Throughout the records below, find each line holding "Analysis" and copy it.
::::
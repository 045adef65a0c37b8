-- ===== src/Analysis/IncrTraversal/Keep.antt =====
-- What the steps of a traversal of libtatum/tatum/graph_walkers/SerialIncrWalker.hpp keep.
use tatum.Prelude.{ℕ, Bool}
use tatum.Result.{Result}
use tatum.Result.Ends.{Ends, Ends-branch, Ends-bind, Ends-for_each, Ends-check}
use tatum.Container.{at}
use tatum.Time.{Float}
use tatum.Graph.{
  TimingGraph, NodeId, EdgeId, EdgeType, primitive_clock_capture, primitive_clock_launch,
  primitive_combinational, interconnect, node_in_edges, node_out_edges, edge_sink_node,
  edge_src_node, edge_type, valid_edge_id,
}
use tatum.Constraints.{TimingConstraints}
use tatum.Analysis.{DelayCalculator}
use tatum.Analysis.Visitor.{GraphVisitor}
use tatum.Analysis.Queue.{is_marked}
use tatum.Analysis.Incremental.{IncrWalk, enqueue_modified_node}
use tatum.Analysis.IncrTraversal.{
  on_tables, on_node, invalidate_clock_tags, invalidate_node_for_arrival_traversal,
  invalidate_node_for_required_traversal, update_arrival, update_required,
}
use tatum.Analysis.IncrTraversal.Enqueue.{
  IsSound, Keeps, at-Ends, enqueue_sinks-Keeps, enqueue_sources-Keeps, enqueue_modified_node-Keeps,
}

-- The operations of a visitor that an incremental traversal calls return, or stop with a fault.
pub record Finishes {F : Float} {S : Type 0} (visitor : GraphVisitor F S) : Type 0 where
  pub reset_edge : (id : EdgeId) (s : S) → Ends (λ s'. Unit {0}) (visitor.reset_edge id s)
  pub reset_arrival :
      (id : NodeId) (s : S) → Ends (λ s'. Unit {0}) (visitor.reset_node_arrival_tags id s)
  pub reset_required :
      (id : NodeId) (s : S) → Ends (λ s'. Unit {0}) (visitor.reset_node_required_tags id s)
  pub reset_slack :
      (id : NodeId) (s : S) → Ends (λ s'. Unit {0}) (visitor.reset_node_slack_tags id s)
  pub reset_arrival_from :
      (id origin : NodeId) (s : S)
      → Ends (λ s'. Unit {0}) (visitor.reset_node_arrival_tags_from_origin id origin s)
  pub reset_required_from :
      (id origin : NodeId) (s : S)
      → Ends (λ s'. Unit {0}) (visitor.reset_node_required_tags_from_origin id origin s)
  pub arrival_pre :
      (tg : TimingGraph) (tc : TimingConstraints F) (id : NodeId) (s : S)
      → Ends (λ r. Unit {0}) (visitor.arrival_pre_traverse_node tg tc id s)
  pub required_pre :
      (tg : TimingGraph) (tc : TimingConstraints F) (id : NodeId) (s : S)
      → Ends (λ r. Unit {0}) (visitor.required_pre_traverse_node tg tc id s)
  pub arrival :
      (tg : TimingGraph) (tc : TimingConstraints F) (dc : DelayCalculator F) (id : NodeId) (s : S)
      → Ends (λ r. Unit {0}) (visitor.arrival_traverse_node tg tc dc id s)
  pub required :
      (tg : TimingGraph) (tc : TimingConstraints F) (dc : DelayCalculator F) (id : NodeId) (s : S)
      → Ends (λ r. Unit {0}) (visitor.required_traverse_node tg tc dc id s)
  pub slack :
      (tg : TimingGraph) (dc : DelayCalculator F) (id : NodeId) (s : S)
      → Ends (λ r. Unit {0}) (visitor.slack_traverse_node tg dc id s)

module _ (F : Float) {S : Type 0} (visitor : GraphVisitor F S) (finishes : Finishes visitor)
    (tg : TimingGraph) (n : ℕ) where
  with_tables : (s : S) (w : IncrWalk S) → IsSound tg n w → IsSound tg n (record w { tables = s })
  with_tables s w h = record {
    queued = record {
      arr = h.queued.arr;
      req = h.queued.req;
      arr_len = h.queued.arr_len;
      req_len = h.queued.req_len;
    };
    invalidated = h.invalidated;
  }

  pub on_tables-Keeps :
      (run : S → Result S)
      → ((s : S) → Ends (λ s'. Unit {0}) (run s))
      → Keeps tg n (on_tables F visitor tg run)
  on_tables-Keeps run ends w h =
      Ends-bind (λ s'. Unit {0}) (IsSound tg n) (run w.tables) _ (ends w.tables)
        (λ s' finished. with_tables s' w h)

  pub on_node-Keeps :
      (run : S → Result (Bool × S)) (w : IncrWalk S)
      → ((s : S) → Ends (λ r. Unit {0}) (run s))
      → IsSound tg n w
      → Ends (λ r. IsSound tg n r.1) (on_node F visitor tg run w)
  on_node-Keeps run w ends h =
      Ends-bind (λ r. Unit {0}) (λ r. IsSound tg n r.1) (run w.tables) _ (ends w.tables)
        (λ r finished. with_tables r.1 w h)

  invalidate_clock_tags-Keeps :
      (id : NodeId) (type : EdgeType) → Keeps tg n (invalidate_clock_tags F visitor tg id type)
  unfolding invalidate_clock_tags
  invalidate_clock_tags-Keeps id primitive_clock_capture w h =
      Ends-bind (IsSound tg n) (IsSound tg n)
        (on_tables F visitor tg (visitor.reset_node_required_tags id) w) _
        (on_tables-Keeps (visitor.reset_node_required_tags id) (finishes.reset_required id) w h)
        (λ w' sound.
          Ends-bind (λ es. Unit {0}) (IsSound tg n) (node_in_edges tg id) _
            (at-Ends tg.node_in_edges id)
            (λ edges found. enqueue_sources-Keeps tg n edges w' sound))
  invalidate_clock_tags-Keeps id primitive_clock_launch w h =
      on_tables-Keeps (visitor.reset_node_arrival_tags id) (finishes.reset_arrival id) w h
  invalidate_clock_tags-Keeps id primitive_combinational w h = h
  invalidate_clock_tags-Keeps id interconnect w h = h

  edge_type-Ends : (edge : EdgeId) → Ends (λ t. Unit {0}) (edge_type tg edge)
  edge_type-Ends edge =
      Ends-check (λ t. Unit {0}) (valid_edge_id tg edge) (at tg.edge_types edge)
        (λ valid. at-Ends tg.edge_types edge)

  invalidate_arrival-Keeps :
      (id : NodeId) → Keeps tg n (invalidate_node_for_arrival_traversal F visitor tg id)
  unfolding invalidate_node_for_arrival_traversal
  invalidate_arrival-Keeps id w h =
      Ends-bind (λ es. Unit {0}) (IsSound tg n) (node_in_edges tg id) _
        (at-Ends tg.node_in_edges id)
        (λ in_edges found. Ends-for_each (IsSound tg n) in_edges w _ h (λ edge t sound.
          Ends-branch (IsSound tg n) (is_marked t.edge_invalidated edge) _ _
            (λ invalid.
              Ends-bind (λ src. Unit {0}) (IsSound tg n) (edge_src_node tg edge) _
                (at-Ends tg.edge_src_nodes edge)
                (λ src_node found'.
                  Ends-bind (IsSound tg n) (IsSound tg n)
                    (on_tables F visitor tg
                      (visitor.reset_node_arrival_tags_from_origin id src_node) t)
                    _
                    (on_tables-Keeps (visitor.reset_node_arrival_tags_from_origin id src_node)
                      (finishes.reset_arrival_from id src_node) t sound)
                    (λ t' sound'.
                      Ends-bind (λ type. Unit {0}) (IsSound tg n) (edge_type tg edge) _
                        (edge_type-Ends edge)
                        (λ type found''. invalidate_clock_tags-Keeps id type t' sound'))))
            (λ valid. sound)))

  invalidate_required-Keeps :
      (id : NodeId) → Keeps tg n (invalidate_node_for_required_traversal F visitor tg id)
  unfolding invalidate_node_for_required_traversal
  invalidate_required-Keeps id w h =
      Ends-bind (λ es. Unit {0}) (IsSound tg n) (node_out_edges tg id) _
        (at-Ends tg.node_out_edges id)
        (λ out_edges found. Ends-for_each (IsSound tg n) out_edges w _ h (λ edge t sound.
          Ends-branch (IsSound tg n) (is_marked t.edge_invalidated edge) _ _
            (λ invalid.
              Ends-bind (λ snk. Unit {0}) (IsSound tg n) (edge_sink_node tg edge) _
                (at-Ends tg.edge_sink_nodes edge)
                (λ snk_node found'.
                  on_tables-Keeps (visitor.reset_node_required_tags_from_origin id snk_node)
                    (finishes.reset_required_from id snk_node) t sound))
            (λ valid. sound)))

  module _ (tc : TimingConstraints F) (dc : DelayCalculator F) where
    pub update_arrival-Keeps : (id : NodeId) → Keeps tg n (update_arrival F visitor tg tc dc id)
    unfolding update_arrival
    update_arrival-Keeps id w h =
        Ends-bind (IsSound tg n) (IsSound tg n)
          (invalidate_node_for_arrival_traversal F visitor tg id w) _
          (invalidate_arrival-Keeps id w h)
          (λ w' sound.
            Ends-bind (λ r. IsSound tg n r.1) (IsSound tg n)
              (on_node F visitor tg (visitor.arrival_traverse_node tg tc dc id) w') _
              (on_node-Keeps (visitor.arrival_traverse_node tg tc dc id) w'
                (finishes.arrival tg tc dc id) sound)
              (λ r sound'.
                Ends-branch (IsSound tg n) r.0 _ _
                  (λ updated.
                    Ends-bind (IsSound tg n) (IsSound tg n) (enqueue_modified_node id r.1) _
                      (enqueue_modified_node-Keeps tg n id r.1 sound')
                      (λ w'' sound''.
                        Ends-bind (λ es. Unit {0}) (IsSound tg n) (node_out_edges tg id) _
                          (at-Ends tg.node_out_edges id)
                          (λ edges found. enqueue_sinks-Keeps tg n edges w'' sound'')))
                  (λ same. sound')))

    pub update_required-Keeps : (id : NodeId) → Keeps tg n (update_required F visitor tg tc dc id)
    unfolding update_required
    update_required-Keeps id w h =
        Ends-bind (IsSound tg n) (IsSound tg n)
          (invalidate_node_for_required_traversal F visitor tg id w) _
          (invalidate_required-Keeps id w h)
          (λ w' sound.
            Ends-bind (λ r. IsSound tg n r.1) (IsSound tg n)
              (on_node F visitor tg (visitor.required_traverse_node tg tc dc id) w') _
              (on_node-Keeps (visitor.required_traverse_node tg tc dc id) w'
                (finishes.required tg tc dc id) sound)
              (λ r sound'.
                Ends-branch (IsSound tg n) r.0 _ _
                  (λ updated.
                    Ends-bind (IsSound tg n) (IsSound tg n) (enqueue_modified_node id r.1) _
                      (enqueue_modified_node-Keeps tg n id r.1 sound')
                      (λ w'' sound''.
                        Ends-bind (λ es. Unit {0}) (IsSound tg n) (node_in_edges tg id) _
                          (at-Ends tg.node_in_edges id)
                          (λ edges found. enqueue_sources-Keeps tg n edges w'' sound'')))
                  (λ same. sound')))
::::
**ANSWER SPACE**
-- ===== src/Analysis/IncrTraversal/Keep.antt =====
use tatum.Analysis.{DelayCalculator}
use tatum.Analysis.Visitor.{GraphVisitor}
use tatum.Analysis.Queue.{is_marked}
use tatum.Analysis.Incremental.{IncrWalk, enqueue_modified_node}
use tatum.Analysis.IncrTraversal.{
use tatum.Analysis.IncrTraversal.Enqueue.{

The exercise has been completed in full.